Thank you for the reply. Not being well versed in EQing. I tried using the eq in rew and was a bit confused how to use the settings. In addition, I am trying to figure out how to set different freq in the EQ. Does anyone know how to do this.

Also I am looking for comments on the graph. Is it where it should be and I just need to adjust the 60hz range?
Thank you


----------



## Wayne A. Pflughaupt (Apr 13, 2006)

Looks like about a 5-6 dB dip there at 60 Hz. You might try adding a filter there and see if it makes an audible difference.

Regards,
Wayne


----------



## ccap (Feb 7, 2010)

Thanks Wayne,

I was hoping for a Wayne response. How do you think the graph looks after the 32hz adjustment? 
As in the first post, I can't understand how to adjust another filter without affecting the pevious filter you just adjusted. So for example I adjusted the 32hz with gain 8 and BW30, now I want adjust the 60hz range so I select the frequency then adj gain and BW and save, now it looks like I readjusted the 32hz.
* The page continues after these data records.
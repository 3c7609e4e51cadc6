-- ===== src/Fops.antt =====
-- nugpgpu_ioctl.c, nugpgpu_ioctl.h and nuioctl.h: the character device, from its registration to its
-- removal. The state is the part of struct nugpgpu_private that these functions use.
pub mod Release
pub mod Init
use nugpgpu.Prelude.{ℕ, ◌+◌, ◌-◌, ◌%◌, ◌^◌, Bool, true, false, leb, nonzero, ◌==◌, List, ◌∷◌}

-- What the kernel was asked for, with its answer, and `user_read`, a load from an address that a user
-- has passed.
pub data DeviceEvent : Type 0 where
  region_allocated : ℕ → DeviceEvent
  region_refused : DeviceEvent
  region_unregistered : ℕ → DeviceEvent
  cdev_inited : DeviceEvent
  cdev_added : ℕ → DeviceEvent
  cdev_deleted : DeviceEvent
  class_created : ℕ → DeviceEvent
  class_destroyed : ℕ → DeviceEvent
  device_created : ℕ → ℕ → DeviceEvent
  device_destroyed : ℕ → ℕ → DeviceEvent
  user_read : ℕ → DeviceEvent

-- `dev` is a device number; `dev_class` and `dev_device` are pointers, 0 for NULL.
pub record Device (W : Type 0) : Type 0 where
  pub dev : ℕ
  pub dev_class : ℕ
  pub dev_device : ℕ
  pub depth : ℕ
  pub world : W
  pub log : List DeviceEvent

-- The kernel's registries. An `int` is its bit pattern. `alloc_chrdev_region` gives its result and
-- the device number that it stores on success; IS_ERR and PTR_ERR read an error out of a pointer.
pub record Registries (W : Type 0) : Type 0 where
  pub alloc_chrdev_region : W → (ℕ × ℕ) × W
  pub cdev_add : ℕ → W → ℕ × W
  pub class_create : W → ℕ × W
  pub device_create : ℕ → ℕ → W → ℕ × W
  pub is_err : ℕ → Bool
  pub ptr_err : ℕ → ℕ

abbrev pub failed_int : ℕ → Bool
failed_int x = leb (2 ^ 31) x

-- `NUIOCTL_EXM_NEW`: `_IOW` of 'N', 0xA0 and the size of a pointer.
abbrev pub nuioctl_exm_new : ℕ
nuioctl_exm_new = 0x40084EA0

abbrev pub deeper : {W : Type 0} → Device W → Device W
deeper d = record d { depth = (d.depth + 1) % 2 ^ 32 }

abbrev pub shallower : {W : Type 0} → Device W → Device W
shallower d = record d { depth = (d.depth + 2 ^ 32 - 1) % 2 ^ 32 }

abbrev pub note : {W : Type 0} → DeviceEvent → Device W → Device W
note e d = record d { log = e ∷ d.log }

-- The three tests of `nugpgpu_fops_finish`, with what is done under each.
pub destroy_device : {W : Type 0} → Bool → Device W → Device W
destroy_device true d = record d {
  dev_device = 0;
  log = device_destroyed d.dev_class d.dev ∷ d.log;
}
destroy_device false d = d

pub destroy_class : {W : Type 0} → Bool → Device W → Device W
destroy_class true d = record d { dev_class = 0; log = class_destroyed d.dev_class ∷ d.log }
destroy_class false d = d

pub unregister_region : {W : Type 0} → Bool → Device W → Device W
unregister_region true d = record d { dev = 0; log = region_unregistered d.dev ∷ d.log }
unregister_region false d = d

pub nugpgpu_fops_finish : {W : Type 0} → Device W → Device W
nugpgpu_fops_finish d =
    let a = destroy_device (nonzero d.dev_device) (deeper d) in
    let b = note cdev_deleted (destroy_class (nonzero a.dev_class) a) in
    shallower (unregister_region (nonzero b.dev) b)

module _ {W : Type 0} ⦃g : Registries W⦄ where
  -- An error return after the first: everything is given back.
  abbrev pub give_back : ℕ → Device W → ℕ × Device W
  give_back ret d = (ret, shallower (nugpgpu_fops_finish d))

  -- Each of the following is what comes after one call, by whether that failed; the last first.
  unfoldable pub device_made : Bool → Device W → ℕ × Device W
  device_made true d = give_back (g.ptr_err d.dev_device) d
  device_made false d = (0, shallower d)

  unfoldable pub class_made : Bool → Device W → ℕ × Device W
  class_made true d = give_back (g.ptr_err d.dev_class) d
  class_made false d =
      let r = g.device_create d.dev_class d.dev d.world in
      device_made (g.is_err r.0)
        (record d { dev_device = r.0; world = r.1; log = device_created d.dev_class r.0 ∷ d.log })

  unfoldable pub cdev_made : ℕ → Bool → Device W → ℕ × Device W
  cdev_made ret true d = give_back ret d
  cdev_made ret false d =
      let r = g.class_create d.world in
      class_made (g.is_err r.0)
        (record d { dev_class = r.0; world = r.1; log = class_created r.0 ∷ d.log })

  unfoldable pub region_made : ℕ → ℕ → Bool → Device W → ℕ × Device W
  region_made ret dev true d = (ret, shallower (note region_refused d))
  region_made ret dev false d =
      let r = g.cdev_add dev d.world in
      cdev_made r.0 (failed_int r.0) (record d {
        dev = dev;
        world = r.1;
        log = cdev_added r.0 ∷ cdev_inited ∷ region_allocated dev ∷ d.log;
      })

  unfoldable pub nugpgpu_fops_init : Device W → ℕ × Device W
  nugpgpu_fops_init d =
      let ((ret, dev), w) = g.alloc_chrdev_region d.world in
      region_made ret dev (failed_int ret) (record (deeper d) { world = w })

abbrev pub nugpgpu_fops_open : {W : Type 0} → Device W → ℕ × Device W
nugpgpu_fops_open d = (0, shallower (deeper d))

-- The only case of the switch: the length is printed, which stands behind the pointer in `struct
-- nuioctl`. It is loaded through the address that the user passes, whatever that is; that the load
-- may fault is not modelled.
abbrev pub exm_new : {W : Type 0} → Bool → ℕ → Device W → Device W
exm_new true ioctl_param d = note (user_read (ioctl_param + 8)) d
exm_new false ioctl_param d = d

-- Every number is answered with 0.
abbrev pub nugpgpu_fops_ioctl : {W : Type 0} → ℕ → ℕ → Device W → ℕ × Device W
nugpgpu_fops_ioctl ioctl_num ioctl_param d =
    (0, shallower (exm_new (ioctl_num == nuioctl_exm_new) ioctl_param (deeper d)))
Is this the correct way of doing this?

Thanks
Chris


----------



## Wayne A. Pflughaupt (Apr 13, 2006)

Unlike the 32 Hz filter, the 60 Hz filter will be fairly narrow, so if you get it set right you can hopefully minimize its “spilling over” to the other filter. But yeah, it’s common for the filters to overlap if they are close together. You can play with the two filter’s parameters in REW until you get the response you’re looking for on the screen, then apply with filters to the BFD and take a new measurement. 

Regards,
Wayne


----------